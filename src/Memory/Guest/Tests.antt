-- ===== src/Memory/Guest/Tests.antt =====
-- A small guest with a hole: 12 bytes, those from offset 8 on at the addresses from 16 on.
use clone.Prelude.{ℕ, ◌≡◌, ◌≢◌, refl, none, some, List, [], ◌∷◌, inl, inr, arith, ◌<◌, ◌≤◌, ◌⊎◌}
use clone.Memory.Store.{Store, store}
use clone.Memory.Guest.{GuestMem, gpa_to_offset, guest_phys_size, read_at, write_at}
use clone.Memory.Guest.Translate.{IsLaidOut, gpa_to_offset-IsBacked, gpa_to_offset-injective}
use clone.Memory.Guest.Access.{read_at-write_at, write_at_crosses_hole}

abbrev small : GuestMem
small = record { size = 12; hole_start = 8; hole_end = 16 }

abbrev blank : Store
blank j = 0

abbrev word : List ℕ
word = 1 ∷ 2 ∷ []

small-IsLaidOut : IsLaidOut small
small-IsLaidOut = record {
  start_in = omega arith;
  ordered = omega arith;
  no_hole = inl (omega arith);
  small = omega arith;
}

translations :
    (gpa_to_offset small 7 ≡ some 7)
    × (gpa_to_offset small 8 ≡ none)
    × (gpa_to_offset small 16 ≡ some 8)
    × (gpa_to_offset small 20 ≡ none)
    × (guest_phys_size small ≡ 20)
unfolding gpa_to_offset guest_phys_size
translations = (refl, refl, refl, refl, refl)

write_high : write_at small blank 17 word ≡ some (store blank 9 word)
unfolding write_at gpa_to_offset
write_high = refl

gpa_to_offset-IsBacked_example : gpa_to_offset small 19 ≢ none
gpa_to_offset-IsBacked_example =
    (gpa_to_offset-IsBacked {m = small} 19 small-IsLaidOut (omega arith)).1 backed
  where
    backed : ((19 < 8) ⊎ (16 ≤ 19)) × (19 < guest_phys_size small)
    backed = unfold guest_phys_size in (inr (omega arith), omega arith)

gpa_to_offset-injective_example : ◌≡◌ {A = ℕ} 16 16
unfolding gpa_to_offset
gpa_to_offset-injective_example =
    gpa_to_offset-injective {m = small} 16 16 {offset = 8} small-IsLaidOut (omega arith)
      (omega arith) refl refl

read_at-write_at_example : read_at small (store blank 9 word) 17 2 ≡ some word
read_at-write_at_example =
    read_at-write_at {m = small} blank 17 small-IsLaidOut word (omega arith) write_high

-- A write of two bytes at address 7, the last below the hole.
write_at_crosses_hole_example :
    (t : Store) × (write_at small blank 7 (1 ∷ 2 ∷ []) ≡ some t)
    × (read_at small t 16 1 ≡ some (2 ∷ []))
write_at_crosses_hole_example =
    write_at_crosses_hole {m = small} blank 7 (1 ∷ []) (2 ∷ []) small-IsLaidOut (omega arith)
      (omega arith) refl (omega arith)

#####

The task -
The full set of records above is to be printed again verbatim.

Output -
filename src/Memory/Guest/Tests.antt
-- ===== src/Memory/Guest/Tests.antt =====
-- A small guest with a hole: 12 bytes, those from offset 8 on at the addresses from 16 on.
use clone.Prelude.{ℕ, ◌≡◌, ◌≢◌, refl, none, some, List, [], ◌∷◌, inl, inr, arith, ◌<◌, ◌≤◌, ◌⊎◌}
use clone.Memory.Store.{Store, store}
use clone.Memory.Guest.{GuestMem, gpa_to_offset, guest_phys_size, read_at, write_at}
use clone.Memory.Guest.Translate.{IsLaidOut, gpa_to_offset-IsBacked, gpa_to_offset-injective}
use clone.Memory.Guest.Access.{read_at-write_at, write_at_crosses_hole}

abbrev small : GuestMem
small = record { size = 12; hole_start = 8; hole_end = 16 }

abbrev blank : Store
blank j = 0

abbrev word : List ℕ
word = 1 ∷ 2 ∷ []

small-IsLaidOut : IsLaidOut small
small-IsLaidOut = record {
  start_in = omega arith;
  ordered = omega arith;
  no_hole = inl (omega arith);
  small = omega arith;
}

translations :
    (gpa_to_offset small 7 ≡ some 7)
    × (gpa_to_offset small 8 ≡ none)
    × (gpa_to_offset small 16 ≡ some 8)
    × (gpa_to_offset small 20 ≡ none)
    × (guest_phys_size small ≡ 20)
unfolding gpa_to_offset guest_phys_size
translations = (refl, refl, refl, refl, refl)

write_high : write_at small blank 17 word ≡ some (store blank 9 word)
unfolding write_at gpa_to_offset
write_high = refl

gpa_to_offset-IsBacked_example : gpa_to_offset small 19 ≢ none
gpa_to_offset-IsBacked_example =
    (gpa_to_offset-IsBacked {m = small} 19 small-IsLaidOut (omega arith)).1 backed
  where
    backed : ((19 < 8) ⊎ (16 ≤ 19)) × (19 < guest_phys_size small)
    backed = unfold guest_phys_size in (inr (omega arith), omega arith)

gpa_to_offset-injective_example : ◌≡◌ {A = ℕ} 16 16
unfolding gpa_to_offset
gpa_to_offset-injective_example =
    gpa_to_offset-injective {m = small} 16 16 {offset = 8} small-IsLaidOut (omega arith)
      (omega arith) refl refl

read_at-write_at_example : read_at small (store blank 9 word) 17 2 ≡ some word
read_at-write_at_example =
    read_at-write_at {m = small} blank 17 small-IsLaidOut word (omega arith) write_high

-- A write of two bytes at address 7, the last below the hole.
write_at_crosses_hole_example :
    (t : Store) × (write_at small blank 7 (1 ∷ 2 ∷ []) ≡ some t)
    × (read_at small t 16 1 ≡ some (2 ∷ []))
write_at_crosses_hole_example =
    write_at_crosses_hole {m = small} blank 7 (1 ∷ []) (2 ∷ []) small-IsLaidOut (omega arith)
      (omega arith) refl (omega arith)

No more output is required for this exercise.